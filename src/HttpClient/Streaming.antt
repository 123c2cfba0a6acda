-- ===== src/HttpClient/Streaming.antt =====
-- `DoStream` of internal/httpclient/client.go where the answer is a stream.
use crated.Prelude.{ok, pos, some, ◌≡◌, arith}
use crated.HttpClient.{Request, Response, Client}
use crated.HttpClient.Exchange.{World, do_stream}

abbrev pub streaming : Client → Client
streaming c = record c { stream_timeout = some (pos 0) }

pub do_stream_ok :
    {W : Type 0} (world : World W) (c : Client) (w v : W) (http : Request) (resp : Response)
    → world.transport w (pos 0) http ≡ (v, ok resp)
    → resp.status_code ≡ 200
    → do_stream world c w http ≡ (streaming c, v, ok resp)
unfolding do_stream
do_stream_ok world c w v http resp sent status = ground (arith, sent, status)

════

• How to complete this task:
Reproduce exactly the lines from the one containing "(resp : Response)" through the last line of the records above, including both, and nothing else.

• Answer to the problem:
    {W : Type 0} (world : World W) (c : Client) (w v : W) (http : Request) (resp : Response)
    → world.transport w (pos 0) http ≡ (v, ok resp)
    → resp.status_code ≡ 200
    → do_stream world c w http ≡ (streaming c, v, ok resp)
unfolding do_stream
do_stream_ok world c w v http resp sent status = ground (arith, sent, status)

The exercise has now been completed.